Question

Suppose that the number of airplanes arriving at an airport per minute is a Poisson process. The mean number of airplanes arriving per minute is 3. The probability that exactly 6 planes arrive in the next minute is 0.05041.True / False.

Answer 1

The given statement is True.

Explanation:

We are given that the number of airplanes arriving at an airport per minute is a Poisson process with the mean number of airplanes arriving per minute is 3.

Let X = Distribution of number of airplanes arriving at an airport per minute

So, X ~ Poisson(
`\lambda`)

The mean of Poisson distribution is given by, E(X) =
`\lambda` = 3

which means, X ~ Poisson(3)

The probability distribution function of a Poisson random variable is:

`P(X=x)=(e^(-\lambda)\lambda^(x))/(x!); for x=0,1,2,3...`

Probability that exactly 6 planes arrive in the next minute = P(X = 6)

P(X = 6) =
`(e^(-3)*3^(6))/(6!)` =
`(e^(-3)*729)/(720)` = 0.05041

Therefore, the given statement is true.

Answer 2

`P(X=6)`

And using the probability mass function we got:

`P(X=6) =3^6 (e^(-3))/(6!)=0.05041`

So then we can conclude that the statement is True.

Explanation:

Definitions and concepts

The Poisson process is useful when we want to analyze the probability of ocurrence of an event in a time specified.

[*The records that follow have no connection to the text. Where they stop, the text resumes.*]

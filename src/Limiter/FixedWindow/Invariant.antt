-- ===== src/Limiter/FixedWindow/Invariant.antt =====
-- The counters that internal/limiter/scripts/fixed_window.lua keeps, against the earlier requests.
use native.Mathlib.Nat.{div-mul-le_self}
use text.Mathlib.TextLemmas.{append_inj, append-nil}
use ratelimit_gateway.Base.{
  ℕ, zero, suc, ◌+◌, ◌*◌, ◌/◌, ◌≤◌, ◌<◌, ◌≡◌, ◌≢◌, refl, ap, sym, ◌∙◌, String, true, List, [], ◌∷◌,
  if◌then◌else◌, ltb, ◌==◌, count, ==_iff, Bool-cases, ◌⊎◌, inl, inr, arith,
}
use ratelimit_gateway.Limiter.Store.{Counters, IsCounters, lives}
use ratelimit_gateway.Limiter.FixedWindow.{window_key, fixed_window}
use ratelimit_gateway.Limiter.FixedWindow.Log.{in_window, earlier_of, same_window}

times-le : (n window : ℕ) → 0 < window → n ≤ n * window
times-le n zero h = absurd (omega arith)
times-le n (suc w) h = ground arith

module _ {ℓ} {S : Type ℓ} ⦃counters : Counters S⦄ (laws : IsCounters S) (text_of : ℕ → String)
    (bound : ℕ) (distinct : (i j : ℕ) → i < bound → j < bound → text_of i ≡ text_of j → i ≡ j)
    (prefix : String) (window : ℕ) (wide : 0 < window) where
  open laws use {value, expires}

  abbrev key_at : ℕ → String
  key_at t = window_key text_of prefix (t / window)

  index-lt : (t : ℕ) → t < bound → t / window < bound
  index-lt t h =
      let l = div-mul-le_self t window in let k = times-le (t / window) window wide in omega arith

  other_key :
      (i j : ℕ)
      → i < bound
      → j < bound
      → i ≢ j
      → window_key text_of prefix i ≢ window_key text_of prefix j
  other_key i j small_i small_j ne e = ne (
      distinct i j small_i small_j (
        sym (append-nil (text_of i))
        ∙ (append_inj {s₁ = ":"} {s₂ = ":"} (append_inj {s₁ = prefix} {s₂ = prefix} e refl).1
            refl).1
        ∙ append-nil (text_of j)))

  -- From a time on the counter of each window holds the number of its requests, and lasts as long
  -- as the window.
  pub record IsCounting (s : S) (earlier : List ℕ) (last : ℕ) : Type 0 where
    pub counts : (t : ℕ) → last ≤ t → t < bound → value (key_at t) t s ≡ earlier_of window earlier t
    pub lasting :
        (t : ℕ)
        → last ≤ t
        → t < bound
        → 0 < earlier_of window earlier t
        → lives (expires (key_at t) s) t ≡ true

  module _ (s : S) (earlier : List ℕ) (last now : ℕ) (counting : IsCounting s earlier last)
      (later : last ≤ now) (small : now < bound) where
    abbrev counted_up : S
    counted_up = (counters.incr (key_at now) now s).1

    abbrev changed : S
    changed =
        if (counters.incr (key_at now) now s).0 == 1
        then counters.pexpire (key_at now) window now counted_up
        else counted_up

    count_now : (counters.incr (key_at now) now s).0 ≡ earlier_of window earlier now + 1
    count_now = laws.counted (key_at now) now s ∙ ap (λ n. n + 1) (counting.counts now later small)

    value_now : value (key_at now) now counted_up ≡ earlier_of window earlier now + 1
    value_now =
        laws.increased (key_at now) now s ∙ ap (λ n. n + 1) (counting.counts now later small)

    -- The counter of this window after the script.
    changed-now :
        (value (key_at now) now changed ≡ earlier_of window earlier now + 1)
        × ((t : ℕ)
            → now ≤ t
            → t < bound
            → t / window ≡ now / window
            → lives (expires (key_at now) changed) t ≡ true)
    changed-now = elim (Bool-cases ((counters.incr (key_at now) now s).0 == 1)) [
      | inl first ↦
          let ((e, expiry, late), same) =
            laws.expiring (key_at now) window now counted_up wide (omega (arith, value_now)) in
          rw first (
            same ∙ value_now,
            λ t h small_t in_same.
                rw expiry (let early = same_window window t now wide in_same in ground arith),
          )
      | inr again ↦
          let some_earlier : 0 < earlier_of window earlier now =
            let n = count_now in ground arith in
          rw again (
            value_now,
            λ t h small_t in_same.
                ap (λ x. lives x t)
                  (laws.increased_expires (key_at now) now s
                    (omega (arith, counting.counts now later small)))
                ∙ ap (λ i. lives (expires (window_key text_of prefix i) s) t) (sym in_same)
                ∙ counting.lasting t (omega arith) small_t (rw in_same some_earlier),
          )
    ]

    -- A counter of another window is left alone.
    changed-other :
        (t : ℕ)
        → t < bound
        → t / window ≢ now / window
        → (value (key_at t) t changed ≡ value (key_at t) t s)
          × (expires (key_at t) changed ≡ expires (key_at t) s)
    changed-other t small_t other =
        let ne =
          other_key (t / window) (now / window) (index-lt t small_t) (index-lt now small) other in
        let up = laws.others_increased (key_at now) (key_at t) now t s ne in
        let kept = laws.others_expiring (key_at now) (key_at t) window now t counted_up ne in
        elim (Bool-cases ((counters.incr (key_at now) now s).0 == 1)) [
          | inl first ↦ rw first (kept.0 ∙ up.0, kept.1 ∙ up.1)
          | inr again ↦ rw again up
        ]

    counted_once :
        count (in_window window (now / window)) (now ∷ earlier) ≡ earlier_of window earlier now + 1
    counted_once = ground arith

    earlier_of-now :
        (t : ℕ)
        → t / window ≡ now / window
        → earlier_of window (now ∷ earlier) t ≡ earlier_of window earlier now + 1
    earlier_of-now t same = ap (λ i. count (in_window window i) (now ∷ earlier)) same ∙ counted_once

    earlier_of-other :
        (t : ℕ)
        → t / window ≢ now / window
        → earlier_of window (now ∷ earlier) t ≡ earlier_of window earlier t
    earlier_of-other t other = ground arith

    window-cases : (t : ℕ) → (t / window ≡ now / window) ⊎ (t / window ≢ now / window)
    window-cases t = elim (Bool-cases (t / window == now / window)) [
      | inl same ↦ inl ((==_iff (t / window) (now / window)).0 same)
      | inr other ↦ inr (λ e. let same = (==_iff (t / window) (now / window)).1 e in ground arith)
    ]

    alive :
        (t : ℕ)
        → now ≤ t
        → t < bound
        → t / window ≡ now / window
        → lives (expires (key_at t) changed) t ≡ true
    alive t h small_t same =
        ap (λ i. lives (expires (window_key text_of prefix i) changed) t) same
        ∙ changed-now.1 t h small_t same

    changed-IsCounting : IsCounting changed (now ∷ earlier) now
    changed-IsCounting = record {
      counts = λ t h small_t. elim (window-cases t) [
        | inl same ↦
            laws.kept (key_at t) now t changed h (alive t h small_t same)
            ∙ ap (λ i. value (window_key text_of prefix i) now changed) same
            ∙ changed-now.0
            ∙ sym (earlier_of-now t same)
        | inr other ↦
            (changed-other t small_t other).0
            ∙ counting.counts t (omega arith) small_t
            ∙ sym (earlier_of-other t other)
      ];
      lasting = λ t h small_t some_earlier. elim (window-cases t) [
        | inl same ↦ alive t h small_t same
        | inr other ↦
            ap (λ x. lives x t) (changed-other t small_t other).1
            ∙ counting.lasting t (omega arith) small_t
                (rw (earlier_of-other t other) at some_earlier)
      ];
    }

    pub fixed_window-Step :
        (limit : ℕ)
        → let (reply, after) = fixed_window text_of prefix now window limit s in
          ((reply.allowed == 1) ≡ ltb (earlier_of window earlier now) limit)
          × IsCounting after (now ∷ earlier) now
    unfolding fixed_window
    fixed_window-Step limit = (let e = count_now in ground arith, changed-IsCounting)

  pub absent-IsCounting : (s : S) → ((key : String) (t : ℕ) → value key t s ≡ 0) → IsCounting s [] 0
  absent-IsCounting s absent = record {
    counts = λ t h small_t. absent (key_at t) t;
    lasting = λ t h small_t some_earlier. absurd (omega arith);
  }
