-- ===== src/Limiter/FixedWindow/Refinement.antt =====
-- internal/limiter/scripts/fixed_window.lua against the earlier requests of the window.
use mathlib.Core.Path.{ap₂}
use ratelimit_gateway.Base.{
  ℕ, ◌*◌, ◌≤◌, ◌<◌, ◌≡◌, refl, String, List, [], ◌∷◌, map, ◌==◌, count, All,
}
use ratelimit_gateway.Limiter.Store.{Counters, IsCounters}
use ratelimit_gateway.Limiter.FixedWindow.{fixed_window, fixed_replies}
use ratelimit_gateway.Limiter.FixedWindow.Log.{fixed_decisions, fixed_decisions-bound}
use ratelimit_gateway.Limiter.SlidingWindow.Log.{IsAscending, is_within, admitted}
use ratelimit_gateway.Limiter.FixedWindow.Invariant.{
  IsCounting, fixed_window-Step, absent-IsCounting,
}

module _ {ℓ} {S : Type ℓ} ⦃counters : Counters S⦄ (laws : IsCounters S) (text_of : ℕ → String)
    (bound : ℕ) (distinct : (i j : ℕ) → i < bound → j < bound → text_of i ≡ text_of j → i ≡ j)
    (prefix : String) (window : ℕ) (wide : 0 < window) where
  open laws use {value}

  fixed_replies-decisions :
      (limit : ℕ) (ts : List ℕ) (s : S) (earlier : List ℕ) (last : ℕ)
      → IsCounting laws text_of bound distinct prefix window wide s earlier last
      → IsAscending last ts
      → All (λ t. t < bound) ts
      → map (λ r. r.allowed == 1) (fixed_replies text_of prefix window limit ts s)
        ≡ fixed_decisions window limit earlier ts
  unfolding fixed_replies
  fixed_replies-decisions limit [] s earlier last counting ascending smalls = refl
  fixed_replies-decisions limit (t ∷ ts) s earlier last counting (later, ascending)
        (small, smalls) =
      let step =
        fixed_window-Step laws text_of bound distinct prefix window wide s earlier last t counting
          later small limit in
      ap₂ ◌∷◌ step.0 (
        fixed_replies-decisions limit ts (fixed_window text_of prefix t window limit s).1
          (t ∷ earlier) t step.1 ascending smalls)

  replies-log :
      (limit : ℕ) (ts : List ℕ) (s : S)
      → ((key : String) (t : ℕ) → value key t s ≡ 0)
      → IsAscending 0 ts
      → All (λ t. t < bound) ts
      → map (λ r. r.allowed == 1) (fixed_replies text_of prefix window limit ts s)
        ≡ fixed_decisions window limit [] ts
  replies-log limit ts s absent ascending smalls =
      fixed_replies-decisions limit ts s [] 0
        (absent-IsCounting laws text_of bound distinct prefix window wide s absent) ascending smalls

  -- From a store without counters, on requests at times that do not fall, below a bound for which
  -- the Lua texts of different numbers are different: the script admits exactly the requests with
  -- fewer than `limit` earlier ones in the same window, windows being counted from multiples of
  -- their length, and in any stretch of time as long as a window no more than twice the limit.
  pub fixed_replies-log :
      (limit : ℕ) (ts : List ℕ) (s : S) (start : ℕ)
      → ((key : String) (t : ℕ) → value key t s ≡ 0)
      → IsAscending 0 ts
      → All (λ t. t < bound) ts
      → let allowed = map (λ r. r.allowed == 1) (fixed_replies text_of prefix window limit ts s) in
        (allowed ≡ fixed_decisions window limit [] ts)
        × (count (is_within window start) (admitted ts allowed) ≤ 2 * limit)
  fixed_replies-log limit ts s start absent ascending smalls =
      rw (replies-log limit ts s absent ascending smalls)
        (refl, fixed_decisions-bound window limit start ts wide)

The probability distribution for a random variable X following the Poisson distribution is given by:

`P(X=x) =\lambda^x (e^(-\lambda))/(x!)`

And the parameter
`\lambda= 3` represent the average ocurrence rate per unit of time.

Solution to the problem

For this case we want to find this probability:

`P(X=6)`

And using the probability mass function we got:

`P(X=6) =3^6 (e^(-3))/(6!)=0.05041`

So then we can conclude that the statement is True.